These are the data processing scripts for the Zooniverse crowdsourcing project HMS NHS: The Nautical Health Service. HMS NHS is a Royal Museums Greenwich project, and part of the larger Towards a National Colletion project, Engaging Crowds.

Volunteers on HMS NHS transcribed pages from the Admissions Registers of the Dreadnought Seamen's Hospital. Each page was transcribed by multiple volunteers. These scripts reconcile the different transcriptions from each page into a single transcription. When they cannot find a reconciliation then they list all of the possibilities for a human moderator.

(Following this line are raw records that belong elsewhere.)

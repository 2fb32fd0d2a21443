-- ===== src/Exit/Amounts.antt =====
-- How many shares an exit trades.
use lobster_roll.Prelude.{◌≡◌, ◌⊎◌, inl, inr, true, arith, Bool-cases}
use lobster_roll.Float.{Float, IsOrdered, IsRounded, IsNumber, ◌<?◌, ◌≤?◌, ◌⊗◌, nought, one}
use lobster_roll.Exit.{Position, Config, decide, clamp_frac}

module _ {ℓ} {F : Type ℓ} ⦃d : Float F⦄ (order : IsOrdered F) (rounding : IsRounded F) where
  open order use {not_lt-le, not_le-lt}
  open rounding use {nought-IsNumber, nought-le-one, nought-lt-one, one-le-one, mul-le_self}

  clamp_frac_bounds :
      (f : F) → IsNumber f → ((nought <? clamp_frac f) ≡ true) × ((clamp_frac f ≤? one) ≡ true)
  unfolding clamp_frac
  clamp_frac_bounds f n = ground (
    arith,
    nought-lt-one,
    one-le-one,
    nought-IsNumber,
    not_lt-le one f one-le-one n,
    not_le-lt f nought n nought-IsNumber,
  )

  part-le : (x f : F) → (nought <? x) ≡ true → IsNumber f → (x ⊗ clamp_frac f ≤? x) ≡ true
  part-le x f pos n = let (low, high) = clamp_frac_bounds f n in mul-le_self x _ pos low high

  -- On a position whose share count is a number, with fractions that are numbers, the action never
  -- asks for more shares than are held; without a position it asks for none.
  pub decide-shares-le :
      (p : Position F) (cfg : Config F)
      → IsNumber p.shares
      → IsNumber cfg.leader_exit_frac
      → IsNumber cfg.take_profit_frac
      → (((p.shares ≤? nought) ≡ true) × ((decide p cfg).shares ≡ nought))
        ⊎ (((decide p cfg).shares ≤? p.shares) ≡ true)
  unfolding decide
  decide-shares-le p cfg n l t = elim (Bool-cases (p.shares ≤? nought)) [
    | inl none_held ↦ inl (ground arith)
    | inr held ↦
        let pos = not_le-lt _ _ n nought-IsNumber held in
        inr (
          ground (
            arith,
            order.lt-le _ _ pos,
            part-le p.shares cfg.leader_exit_frac pos l,
            part-le p.shares cfg.take_profit_frac pos t,
          ))
  ]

The general approach is to make use of Zooniverse's own Panoptes aggregation scripts for the main part of the reconciliation task, with hms-nhs-scripts doing additional data cleansing and formatting the data into two output forms:

  1. joined.csv A CSV file presenting the transcriptions row by row.
    • This file is for hand checking. Unreconciled transcriptions can be reconciled by a human moderator. Reconciled transcriptions can be spot-checked.
  2. mimsy.txt A text file suitable for ingest into Mimsy, RMG's cataloguing system.
    • This file is generated from joined.csv after hand corrections.

Example Use

Click here for more detail It is a good idea to install the pip dependencies inside an isolated environment such as [virtualenv](https://pypi.org/project/virtualenv/). You can use `requirements_all.txt` instead of `requirements.txt` if you want to match the environment even more precisely. You can get the Zooniverse project exports via the `Request new workflow classification export`, `Request new subject export` and `Request new workflow export` buttons in the `Data Exports` area of the Zooniverse Project Builder. You will need to download some different files, depending upon whether you are getting data from phase one or phase two of the project. Look at the `export` fields in `workflow.yaml` to see which files to download. Phase one uses `phase1` while phase two uses `phase2`. `extract.py` runs the Panoptes aggregation scripts, with a few cleanup interventions from hms-nhs-scripts. The output goes in `extraction`. You can observe the cleanups by comparing `extraction/..._extractor.csv.full` with `extraction/..._extract.csv.cleaned`. At the end it will report a number of exit codes: if any of these are not 0 then an error has occurred. `extraction/postextract_*.log` contains information about possible cross-references in the original source. You can check this by looking for the "from cell(s)" string in `text_extractor_*.csv.full`. Note that posssible cross-references are not deleted. `aggregate.py` creates `joined.csv`, which joins the transcriptions of the separate columns into rows and reports additional information about the reconciliation process such as which columns needed automatic reconciliation and cases where automatic reconciliation failed. At time of writing, we are running `aggregate.py` with `-t 0.3`. `-t` sets the threshold for accepting automatic resolution of text inputs. This ranges from 0 to 1, with lower numbers are more aggresive. This means that lower `-t` values will accept less "certain" resolutions as correct. These patterns are used by transcribers to indicate that they could not read some of the text. `extract.py`, `aggregate.py` and `mimsify.py` have several options. You can find out about these by running them with `--help`.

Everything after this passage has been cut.